Define check_drbd, which will use check_by_ssh to call the check_drbd script on the nodes.

define command{ 
        command_name    check_drbd 
        command_line    /usr/lib/nagios/plugins/check_by_ssh -H $HOSTADDRESS$ -l root -C "/usr/local/bin/check_drbd -d $ARG1$" 
} 

for example in /etc/nagiosX/conf.d/command.cfg.

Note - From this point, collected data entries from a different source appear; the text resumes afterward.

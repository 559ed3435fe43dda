-- ===== src/RouteSync/Flush/Outcomes.antt =====
-- What one flush can leave: nothing done, an update built, encrypted and sent, or a failure.
use intranet_penetration_clo.Common.{
  ℕ, ◌≡◌, refl, true, false, not, ◌&&◌, ◌||◌, arith, Bool-cases, inl, inr, ap, ◌⊎◌, sym, ◌∙◌,
}
use intranet_penetration_clo.Common.Result.{Result, ok, err}
use intranet_penetration_clo.Common.Action.{Action-cases}
use intranet_penetration_clo.Common.Key.{pair_key, text_key, nat_key}
use intranet_penetration_clo.Packet.{Bytes, PacketError, create_packet, server_peer_id}
use intranet_penetration_clo.Packet.PacketType
use intranet_penetration_clo.RouteSync.{
  send_control, send_clear, send_encrypted, RpcHost, RouteSyncState, after_send, after_build,
  flush_route_update,
}

module _ (host : RpcHost) where
  open host use {World, Fault, key, core_build_route_update, encrypt, send}

  -- A payload is packed into a frame from the server, encrypted for the peer and sent to it.
  abbrev pub Delivered : ℕ → Bytes → World → World → Type 0
  Delivered peer payload w w' =
      (clear : Bytes) × (cipher : Bytes) × (sealed : World) × (create_packet server_peer_id
          (key w peer).1 PacketType.rpc_req payload
        ≡ ok clear)
      × (encrypt peer clear w ≡ (ok cipher, sealed))
      × (send peer cipher sealed ≡ (ok tt, w'))

  send_control-Delivered :
      (peer : ℕ) (payload : Bytes) (w w' : World)
      → send_control host peer PacketType.rpc_req payload w ≡ (ok tt, w')
      → Delivered peer payload w w'
  unfolding send_control send_clear send_encrypted
  send_control-Delivered peer payload w w' done =
      packs (create_packet server_peer_id (key w peer).1 PacketType.rpc_req payload) refl done
    where
      packs :
          (r : Result PacketError Bytes)
          → create_packet server_peer_id (key w peer).1 PacketType.rpc_req payload ≡ r
          → send_clear host peer r w ≡ (ok tt, w')
          → Delivered peer payload w w'
      packs (err e) packed h = absurd (ground (arith, h))
      packs (ok clear) packed h = elim (Action-cases (encrypt peer clear w)) [
        | inl (cipher, sealed, made) ↦
            (clear, cipher, sealed, packed, made, (ap (send_encrypted host peer) (sym made)) ∙ h)
        | inr (e, sealed, failed) ↦ absurd (ground (arith, h, failed))
      ]

  -- The update of a state is built, encrypted for the peer and sent to it.
  abbrev pub Sent : RouteSyncState → ℕ → World → World → Type 0
  Sent st now w w' =
      (packet : Bytes) × (built : World) × (core_build_route_update st.peer st.force_full now w
        ≡ (ok packet, built))
      × Delivered st.peer packet built w'

  -- How an update fails: in building it, which leaves both flags cleared, or in encrypting or sending
  -- it, which leaves the peer dirty and keeps its wish for a full update.
  abbrev pub Failed : RouteSyncState → ℕ → World → Fault → RouteSyncState → World → Type 0
  Failed st now w e st' w' =
      ((core_build_route_update st.peer st.force_full now w ≡ (err e, w'))
        × (st' ≡ record st { dirty = false; force_full = false }))
      ⊎ ((packet : Bytes) × (built : World) × (core_build_route_update st.peer st.force_full now w
            ≡ (ok packet, built))
          × (send_control host st.peer PacketType.rpc_req packet built ≡ (err e, w'))
          × (st' ≡ record st { dirty = true; sent_at = now }))

  -- What a flush leaves, by its result: nothing was to be done, and nothing was done; or the update
  -- has been sent, and is in flight; or it has failed.
  abbrev pub Flushed :
      RouteSyncState → ℕ → World → Result Fault (Unit {0}) → RouteSyncState → World → Type 0
  Flushed st now w (ok _) st' w' =
      ((st' ≡ st)
        × (w' ≡ w)
        × ((st.in_flight ≡ true) ⊎ ((st.dirty ≡ false) × (st.force_full ≡ false))))
      ⊎ ((st.in_flight ≡ false)
          × (st' ≡ record st { in_flight = true; dirty = false; force_full = false; sent_at = now })
          × Sent st now w w')
  Flushed st now w (err e) st' w' = (st.in_flight ≡ false) × Failed st now w e st' w'

  after_send-Flushed :
      (st : RouteSyncState) (now : ℕ) (w built : World) (packet : Bytes)
      (r : Result Fault (Unit {0}) × World)
      → st.in_flight ≡ false
      → core_build_route_update st.peer st.force_full now w ≡ (ok packet, built)
      → send_control host st.peer PacketType.rpc_req packet built ≡ r
      → let sent =
          after_send host
            (record st { in_flight = true; dirty = false; force_full = false; sent_at = now })
            st.force_full
            r in
        Flushed st now w sent.0 sent.1 sent.2
  unfolding after_send
  after_send-Flushed st now w built packet (ok _, w') idle made done =
      inr (idle, refl, (packet, built, made, send_control-Delivered st.peer packet built w' done))
  after_send-Flushed st now w built packet (err e, w') idle made failed =
      (idle, inr (packet, built, made, failed, ground (arith, idle)))

  after_build-Flushed :
      (st : RouteSyncState) (now : ℕ) (w : World) (r : Result Fault Bytes × World)
      → st.in_flight ≡ false
      → core_build_route_update st.peer st.force_full now w ≡ r
      → let built =
          after_build host (record st { dirty = false; force_full = false }) st.force_full now r in
        Flushed st now w built.0 built.1 built.2
  unfolding after_build
  after_build-Flushed st now w (ok packet, built) idle made =
      after_send-Flushed st now w built packet
        (send_control host st.peer PacketType.rpc_req packet built) idle made refl
  after_build-Flushed st now w (err e, w') idle failed = (idle, inl (failed, refl))

  pub flush_route_update-Flushed :
      (st : RouteSyncState) (now : ℕ) (w : World)
      → let after = flush_route_update host st now w in Flushed st now w after.0 after.1 after.2
  unfolding flush_route_update
  flush_route_update-Flushed st now w =
      elim (Bool-cases (st.in_flight || (not st.dirty && not st.force_full))) [
        | inl rests ↦ rw rests (inl (refl, refl, ground arith))
        | inr goes ↦ rw goes (
            after_build-Flushed st now w (core_build_route_update st.peer st.force_full now w)
              (ground arith) refl)
      ]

Also, be sure nagios user can connect using ssh without password. If you don't have defined that, you need to:

# su - nagios
# ssh-keygen
Generating public/private rsa key pair.
Enter file in which to save the key (/var/run/nagios3/.ssh/id_rsa): /etc/nagios3/id_rsa
Enter passphrase (empty for no passphrase): 
Enter same passphrase again: 

Don't forget to replace the file. If you keep /var/run, your key will be deleted after next reboot. Also, keep the passphrase empty. Then, copy the id_rsa.pub under /root/.ssh/authorized_keys on all your hosts. You can also add a “from” field and a “command” one to limit access:

from="1.1.1.1",command="/usr/local/bin/check_drbd" ssh-rsa AAAAB3NzaC1yc2EAAAABIwA...

Use

To generate the config, after a new instance has been added / removed, or after a replace-disks, run:

drbd_gen_nagios.sh > drbd.cfg 

On the Ganeti master, then just copy the generated file into your Nagios conf.d directory, and check the config and restart Nagios.